== GIVEN INFORMATION

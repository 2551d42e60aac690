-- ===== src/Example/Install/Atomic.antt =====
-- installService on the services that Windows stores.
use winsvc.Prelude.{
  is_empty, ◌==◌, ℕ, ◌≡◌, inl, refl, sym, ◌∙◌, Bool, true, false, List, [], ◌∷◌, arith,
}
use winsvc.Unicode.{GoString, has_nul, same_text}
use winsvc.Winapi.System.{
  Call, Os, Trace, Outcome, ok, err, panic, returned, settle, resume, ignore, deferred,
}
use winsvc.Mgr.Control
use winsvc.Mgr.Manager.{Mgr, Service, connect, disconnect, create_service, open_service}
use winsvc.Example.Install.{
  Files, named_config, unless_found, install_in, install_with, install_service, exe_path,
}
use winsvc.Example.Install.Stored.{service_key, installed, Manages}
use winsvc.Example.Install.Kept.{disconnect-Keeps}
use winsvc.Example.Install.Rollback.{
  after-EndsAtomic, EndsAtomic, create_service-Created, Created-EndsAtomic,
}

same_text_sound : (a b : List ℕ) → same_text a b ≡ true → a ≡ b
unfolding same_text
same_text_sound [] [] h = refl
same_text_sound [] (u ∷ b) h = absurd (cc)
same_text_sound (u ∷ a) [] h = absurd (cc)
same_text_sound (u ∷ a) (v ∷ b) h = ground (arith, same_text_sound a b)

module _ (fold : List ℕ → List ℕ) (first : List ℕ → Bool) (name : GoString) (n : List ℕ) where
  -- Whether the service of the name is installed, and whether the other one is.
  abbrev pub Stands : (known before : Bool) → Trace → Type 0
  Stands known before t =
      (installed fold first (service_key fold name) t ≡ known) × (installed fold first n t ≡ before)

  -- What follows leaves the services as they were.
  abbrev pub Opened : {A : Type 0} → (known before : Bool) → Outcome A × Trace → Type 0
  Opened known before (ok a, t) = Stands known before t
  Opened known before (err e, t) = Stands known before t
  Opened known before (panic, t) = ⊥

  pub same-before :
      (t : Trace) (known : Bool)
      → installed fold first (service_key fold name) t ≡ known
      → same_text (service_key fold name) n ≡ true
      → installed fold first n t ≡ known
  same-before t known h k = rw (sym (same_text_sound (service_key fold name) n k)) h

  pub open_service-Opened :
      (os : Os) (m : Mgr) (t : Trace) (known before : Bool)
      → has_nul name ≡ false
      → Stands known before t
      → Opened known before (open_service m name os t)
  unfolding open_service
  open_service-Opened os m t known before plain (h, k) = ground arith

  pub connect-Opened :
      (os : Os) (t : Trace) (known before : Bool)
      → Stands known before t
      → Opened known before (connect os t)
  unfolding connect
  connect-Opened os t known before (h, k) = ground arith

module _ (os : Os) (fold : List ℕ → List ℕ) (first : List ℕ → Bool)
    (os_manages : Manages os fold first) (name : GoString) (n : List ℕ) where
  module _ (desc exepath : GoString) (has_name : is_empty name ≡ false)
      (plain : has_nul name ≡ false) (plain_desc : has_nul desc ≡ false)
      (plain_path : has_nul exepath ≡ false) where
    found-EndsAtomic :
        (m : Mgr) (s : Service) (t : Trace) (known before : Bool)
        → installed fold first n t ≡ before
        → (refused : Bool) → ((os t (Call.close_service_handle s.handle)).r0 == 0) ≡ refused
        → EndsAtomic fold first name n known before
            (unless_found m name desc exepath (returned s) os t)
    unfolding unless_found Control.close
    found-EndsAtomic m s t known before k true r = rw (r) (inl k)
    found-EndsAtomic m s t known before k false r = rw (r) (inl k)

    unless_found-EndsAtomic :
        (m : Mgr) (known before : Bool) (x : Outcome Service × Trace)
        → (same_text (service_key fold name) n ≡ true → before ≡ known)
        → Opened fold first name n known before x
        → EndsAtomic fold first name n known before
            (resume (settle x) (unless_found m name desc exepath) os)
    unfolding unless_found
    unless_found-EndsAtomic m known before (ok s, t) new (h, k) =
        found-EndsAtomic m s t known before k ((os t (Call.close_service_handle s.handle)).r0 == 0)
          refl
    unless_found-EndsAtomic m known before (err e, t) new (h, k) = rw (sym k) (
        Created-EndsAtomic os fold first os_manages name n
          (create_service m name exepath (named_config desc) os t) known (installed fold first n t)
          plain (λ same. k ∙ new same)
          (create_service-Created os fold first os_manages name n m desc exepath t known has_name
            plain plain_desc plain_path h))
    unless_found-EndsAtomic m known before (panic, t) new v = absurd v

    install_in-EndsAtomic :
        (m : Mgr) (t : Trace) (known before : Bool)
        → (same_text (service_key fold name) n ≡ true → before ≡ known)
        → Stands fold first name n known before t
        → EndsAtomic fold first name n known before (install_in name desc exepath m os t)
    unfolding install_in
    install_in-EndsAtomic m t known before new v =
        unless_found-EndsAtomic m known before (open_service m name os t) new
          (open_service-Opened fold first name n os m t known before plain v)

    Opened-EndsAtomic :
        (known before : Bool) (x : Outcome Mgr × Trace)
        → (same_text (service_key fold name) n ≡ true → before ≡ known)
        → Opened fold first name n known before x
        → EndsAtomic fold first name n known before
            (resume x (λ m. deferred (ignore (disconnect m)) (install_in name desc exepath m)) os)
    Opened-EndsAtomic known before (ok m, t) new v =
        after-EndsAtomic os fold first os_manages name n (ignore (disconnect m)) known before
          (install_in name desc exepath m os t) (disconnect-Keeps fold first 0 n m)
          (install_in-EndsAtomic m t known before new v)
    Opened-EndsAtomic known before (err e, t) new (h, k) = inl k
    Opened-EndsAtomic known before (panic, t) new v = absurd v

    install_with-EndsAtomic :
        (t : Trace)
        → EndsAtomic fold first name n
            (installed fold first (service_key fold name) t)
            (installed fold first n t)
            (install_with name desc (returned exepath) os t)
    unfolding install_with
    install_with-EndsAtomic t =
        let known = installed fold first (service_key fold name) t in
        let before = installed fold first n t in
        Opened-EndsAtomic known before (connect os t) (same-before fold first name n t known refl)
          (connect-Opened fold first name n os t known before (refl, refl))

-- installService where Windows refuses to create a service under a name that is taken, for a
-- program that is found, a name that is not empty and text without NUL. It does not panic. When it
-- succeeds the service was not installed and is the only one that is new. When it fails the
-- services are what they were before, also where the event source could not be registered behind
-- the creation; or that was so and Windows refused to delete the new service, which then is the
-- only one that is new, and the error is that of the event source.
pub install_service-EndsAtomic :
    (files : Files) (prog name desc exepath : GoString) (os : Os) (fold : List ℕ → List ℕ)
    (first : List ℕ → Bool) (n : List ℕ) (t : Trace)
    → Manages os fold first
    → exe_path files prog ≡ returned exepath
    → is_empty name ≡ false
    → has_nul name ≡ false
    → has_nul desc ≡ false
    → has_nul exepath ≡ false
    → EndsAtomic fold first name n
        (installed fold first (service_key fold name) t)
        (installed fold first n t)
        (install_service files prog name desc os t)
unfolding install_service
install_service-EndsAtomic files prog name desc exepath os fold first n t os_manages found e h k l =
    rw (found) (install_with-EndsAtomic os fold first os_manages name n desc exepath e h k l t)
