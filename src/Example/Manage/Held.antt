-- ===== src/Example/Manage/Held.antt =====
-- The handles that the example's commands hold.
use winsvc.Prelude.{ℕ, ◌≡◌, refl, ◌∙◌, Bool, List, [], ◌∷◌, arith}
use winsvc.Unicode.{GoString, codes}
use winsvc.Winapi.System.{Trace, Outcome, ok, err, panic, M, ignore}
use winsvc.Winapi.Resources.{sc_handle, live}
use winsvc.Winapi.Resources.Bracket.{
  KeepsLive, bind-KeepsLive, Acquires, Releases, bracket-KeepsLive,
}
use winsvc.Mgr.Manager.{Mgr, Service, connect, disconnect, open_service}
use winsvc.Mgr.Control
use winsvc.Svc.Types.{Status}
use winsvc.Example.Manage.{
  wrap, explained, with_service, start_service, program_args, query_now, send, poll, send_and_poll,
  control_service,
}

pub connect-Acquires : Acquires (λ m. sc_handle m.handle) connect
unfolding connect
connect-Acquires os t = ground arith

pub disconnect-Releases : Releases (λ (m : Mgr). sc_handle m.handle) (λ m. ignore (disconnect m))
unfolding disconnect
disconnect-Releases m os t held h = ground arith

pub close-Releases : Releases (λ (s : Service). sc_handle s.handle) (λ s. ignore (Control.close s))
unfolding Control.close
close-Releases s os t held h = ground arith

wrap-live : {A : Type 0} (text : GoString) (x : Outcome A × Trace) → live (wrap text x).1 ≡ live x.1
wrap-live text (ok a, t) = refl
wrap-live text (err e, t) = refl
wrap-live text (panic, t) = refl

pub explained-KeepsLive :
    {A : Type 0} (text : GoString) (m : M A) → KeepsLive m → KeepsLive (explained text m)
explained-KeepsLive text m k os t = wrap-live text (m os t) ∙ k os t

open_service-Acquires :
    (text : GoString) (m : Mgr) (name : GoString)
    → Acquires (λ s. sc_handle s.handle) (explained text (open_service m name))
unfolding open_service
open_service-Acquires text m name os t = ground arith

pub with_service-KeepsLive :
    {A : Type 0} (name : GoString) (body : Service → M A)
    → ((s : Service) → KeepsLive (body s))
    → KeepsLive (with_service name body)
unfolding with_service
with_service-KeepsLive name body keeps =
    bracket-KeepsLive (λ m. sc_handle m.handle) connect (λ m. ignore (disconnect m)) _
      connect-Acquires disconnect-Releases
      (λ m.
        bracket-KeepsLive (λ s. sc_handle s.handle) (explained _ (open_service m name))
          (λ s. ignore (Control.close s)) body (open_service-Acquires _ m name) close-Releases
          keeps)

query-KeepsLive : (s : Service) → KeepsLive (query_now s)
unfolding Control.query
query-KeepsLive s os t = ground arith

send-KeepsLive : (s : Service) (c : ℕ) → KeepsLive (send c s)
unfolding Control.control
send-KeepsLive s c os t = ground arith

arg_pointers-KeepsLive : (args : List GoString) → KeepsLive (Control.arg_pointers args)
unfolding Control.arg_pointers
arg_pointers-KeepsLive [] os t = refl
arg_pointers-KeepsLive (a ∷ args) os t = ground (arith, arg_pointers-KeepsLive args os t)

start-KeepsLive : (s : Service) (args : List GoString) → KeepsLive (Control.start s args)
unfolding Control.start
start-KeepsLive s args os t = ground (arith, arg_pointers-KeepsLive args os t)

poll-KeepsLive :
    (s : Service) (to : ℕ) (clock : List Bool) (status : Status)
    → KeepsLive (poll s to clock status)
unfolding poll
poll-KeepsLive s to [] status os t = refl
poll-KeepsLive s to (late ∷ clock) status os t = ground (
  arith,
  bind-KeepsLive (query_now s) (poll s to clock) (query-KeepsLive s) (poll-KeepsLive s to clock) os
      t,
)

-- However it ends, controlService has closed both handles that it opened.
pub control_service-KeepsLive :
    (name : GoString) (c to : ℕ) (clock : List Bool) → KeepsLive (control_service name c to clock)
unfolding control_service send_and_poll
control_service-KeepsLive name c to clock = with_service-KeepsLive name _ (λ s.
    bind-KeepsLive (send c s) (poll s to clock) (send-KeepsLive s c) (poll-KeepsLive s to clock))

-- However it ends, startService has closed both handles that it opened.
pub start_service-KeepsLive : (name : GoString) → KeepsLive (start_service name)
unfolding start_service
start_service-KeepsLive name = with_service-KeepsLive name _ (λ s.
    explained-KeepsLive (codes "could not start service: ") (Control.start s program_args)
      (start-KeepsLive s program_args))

====

TASK STATEMENT:
Write out, word for word, all lines from the line that holds "unfolding Control.start" through the last line of the listing, with both end lines kept.

FINAL ANSWER:
unfolding Control.start
start-KeepsLive s args os t = ground (arith, arg_pointers-KeepsLive args os t)

poll-KeepsLive :
    (s : Service) (to : ℕ) (clock : List Bool) (status : Status)
    → KeepsLive (poll s to clock status)
unfolding poll
poll-KeepsLive s to [] status os t = refl
poll-KeepsLive s to (late ∷ clock) status os t = ground (
  arith,
  bind-KeepsLive (query_now s) (poll s to clock) (query-KeepsLive s) (poll-KeepsLive s to clock) os
      t,
)

-- However it ends, controlService has closed both handles that it opened.
pub control_service-KeepsLive :
    (name : GoString) (c to : ℕ) (clock : List Bool) → KeepsLive (control_service name c to clock)
unfolding control_service send_and_poll
control_service-KeepsLive name c to clock = with_service-KeepsLive name _ (λ s.
    bind-KeepsLive (send c s) (poll s to clock) (send-KeepsLive s c) (poll-KeepsLive s to clock))

-- However it ends, startService has closed both handles that it opened.
pub start_service-KeepsLive : (name : GoString) → KeepsLive (start_service name)
unfolding start_service
start_service-KeepsLive name = with_service-KeepsLive name _ (λ s.
    explained-KeepsLive (codes "could not start service: ") (Control.start s program_args)
      (start-KeepsLive s program_args))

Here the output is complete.